Moonsong

Embracing this In-Between Stage of a Woman’s Life

Embracing this In-Between Stage of a Woman's Life

First, I have to say that I’m grateful to be as far in life as I am. In eighteen days I’ll be fifty-four years old and I’m not afraid to say my age. 

While I love being in my fifties, there have been challenges in accepting that my mind has tons of ideas and things I wish to accomplish, but my energy level is not what it used to be. It’s funny because just yesterday I said to someone that next year I’ll be fifty-five. I equated it to being able to go the “speed limit” but how interesting it is that I no longer want that faster pace of life.

I don’t like to buy into what we’ve been conditioned to believe, while at the same time trying to honor what is truly happening with my hormones as I’m three years post menopause.

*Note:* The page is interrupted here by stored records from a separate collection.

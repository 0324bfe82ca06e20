-- ===== src/Net/Kcp/Protocol/Ends.antt =====
-- The end of a KCP connection (kcp_mux.go) whose ends swap and send apart.
use gotu.Base.{List, [], ◌∷◌, ◌++◌}
use gotu.Net.Kcp.Mux.{Kms, Mux}
use gotu.Net.Kcp.Protocol.{ReadEnd, System, deliver_up, deliver_down}
use gotu.Net.Kcp.Protocol.Split.{Split, Step, begin, client_replies, server_replies}

-- An arrival at either end with its answers.
abbrev arrives_up : List Step
arrives_up = begin deliver_up ∷ server_replies ∷ server_replies ∷ []

abbrev arrives_down : List Step
arrives_down = begin deliver_down ∷ client_replies ∷ client_replies ∷ []

abbrev ends : Mux → Mux → ReadEnd → ReadEnd → List Kms → List Kms → System
ends client server ce se up down = record {
  client = client;
  server = server;
  client_end = ce;
  server_end = se;
  up = up;
  down = down;
}

-- A round: the next message arrives at the server, then at the client.
abbrev round : List Step
round = arrives_up ++ arrives_down

abbrev pub split_rounds : List Step
split_rounds = round ++ (round ++ (round ++ (round ++ (round ++ round))))
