-- ===== src/Net/Kcp/Protocol/Race.antt =====
-- What happens in kcp_mux.go where the read loop comes between the swap and the send of `close`.
use gotu.Base.{ℕ, ◌≡◌, Bool, true, false, List, [], ◌∷◌}
use gotu.Net.Kcp.Mux.{Kms, Mux, established, fin_wait1, closing}
use gotu.Net.Kcp.Protocol.{
  open_end, error_end, client_close, server_close, deliver_up, deliver_down,
}
use gotu.Net.Kcp.Protocol.Split.{
  Split, Step, begin, client_sends, client_replies, server_sends, whole,
}

abbrev mux_in : Kms → Bool → Bool → Bool → ℕ → Mux
mux_in state closed is_listen init_flag i = record {
  is_inline = true;
  init_flag = init_flag;
  close_once = closed;
  state = state;
  is_listen = is_listen;
  close_ch = 0;
  init_ch = i;
}

-- An established connection that neither end has begun to close, with nothing under way; whether
-- `init` was called and has taken its value from `initCh` does not matter.
abbrev pub standing : Bool → Bool → ℕ → ℕ → Split
standing f g i j = whole (record {
  client = mux_in established false false f i;
  server = mux_in established false true g j;
  client_end = open_end;
  server_end = open_end;
  up = [];
  down = [];
})

-- The server closes; the client swaps in its `close`, and before it sends, its read loop answers the
-- server; then its `fin_wait1` follows, and the server takes the answer.
abbrev pub overtaken : List Step
overtaken =
    begin server_close
    ∷ server_sends
    ∷ begin client_close
    ∷ begin deliver_down
    ∷ client_replies
    ∷ client_sends
    ∷ begin deliver_up
    ∷ []

abbrev stuck : Bool → Bool → ℕ → ℕ → List Kms → List Kms → List Kms → Split
stuck f g i j up co ca = record {
  ends = record {
    client = mux_in closing true false f i;
    server = mux_in fin_wait1 true true g j;
    client_end = open_end;
    server_end = error_end;
    up = up;
    down = [];
  };
  client_owes = co;
  client_answers = ca;
  server_owes = [];
  server_answers = [];
}

abbrev IsStuck : Split → Type 0
IsStuck s = (f g : Bool) × (i j : ℕ) × (up co ca : List Kms) × (s ≡ stuck f g i j up co ca)

-- The server has rejected a message, and neither `close` is woken by its channel.
abbrev pub Hangs : Split → Type 0
Hangs s =
    (s.ends.server_end ≡ error_end)
    × (s.ends.client_end ≡ open_end)
    × (s.ends.client.close_ch ≡ 0)
    × (s.ends.server.close_ch ≡ 0)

So much of life, I believe, is about acceptance and letting go…and finding a soft place to land for any given period in ones life.

And so I welcome the challenge of understanding it all. Though it does exhaust me at times, too!  😉  And I know not everything I’ll understand and must be open to the mystery of life, too.

I’ve read and heard so much about how when one reaches the age of sixty a new energy emerges. A part of me really yearns for that and this is when I struggle with what is right now. So often I find I’m always wishing I had more energy to do all the things I yet want to do before my time ends here on this beautiful planet.

Just yesterday I came across a website called Moonsong and a description of this time in life that many women are in and it made so much more sense to me. And I actually found much of it quite comforting. You may have heard of Maiden, Mother and Crone which are different stages of a woman’s life. But what about those “in-between” times?

And there it was on this website, defined as Maga or also called the autumn season of a woman’s life. I’ve always loved autumn – it’s my favorite season. Now this, this I could wrap myself up in and feel comforted by.

Here are some points from Moonsong blog post that resonated for me:

  • For those of us in our late 40’s and 50’s who’s mothers are alive, the difference between the autumn and winter life season is obvious. At 52, I know I am not yet a crone, my mother is.
  • As she moves through autumn, a woman feels a passionate connection with all life. Yet, wise in the seasons of living, she can be unsentimental, even pitiless. She does not try to nurture everything and everyone, for she knows not all can – should – survive. She becomes selective. There is enough of everything – strength, love, passion, lust – everything but time.
  • Time she knows grows short. Nothing seems endless anymore. 
  • She finds she has limits. Her energy falters, her mind drifts, her patience snaps. She begins to husband herself, to save herself for what really matters. 
  • The autumn woman moves towards dreamtime. Though she knows her limits,
    She has also felt limitless. She has known the ineffable. She wakes at night from dreams of high windy places where small blue flowers bloom, and she knows in her bones that such places exist.  Luminous beings appear in her dreams and pull her towards them. She recognises the dust of infinity in a windstorm, the fragrance of timelessness in a fire.There is a transcendent energy about her, but she remains rooted in life’s imminent realities. In her eyes you see the fire of primal knowledge: the knowledge of life and death. She knows that she will not escape this life alive. And so she embraces it, moment by moment.

And so I share my thoughts and those I found on Moonsong website about this in-between stage many of my friends find themselves in as so many others do too in hopes that it will bring you some comfort. To know this mix of emotions and challenges we can feel are “normal” have helped me to open more to the acceptance of it all, while knowing, as my mom often says, “this too shall pass.” 

Because accepting what is and learning to navigate within it is what living fully is all about. We don’t always know what is ahead, and so many dreams lie within yet, and we must trust that following the seasons of our lives will continue to strengthen us and provide just what we need.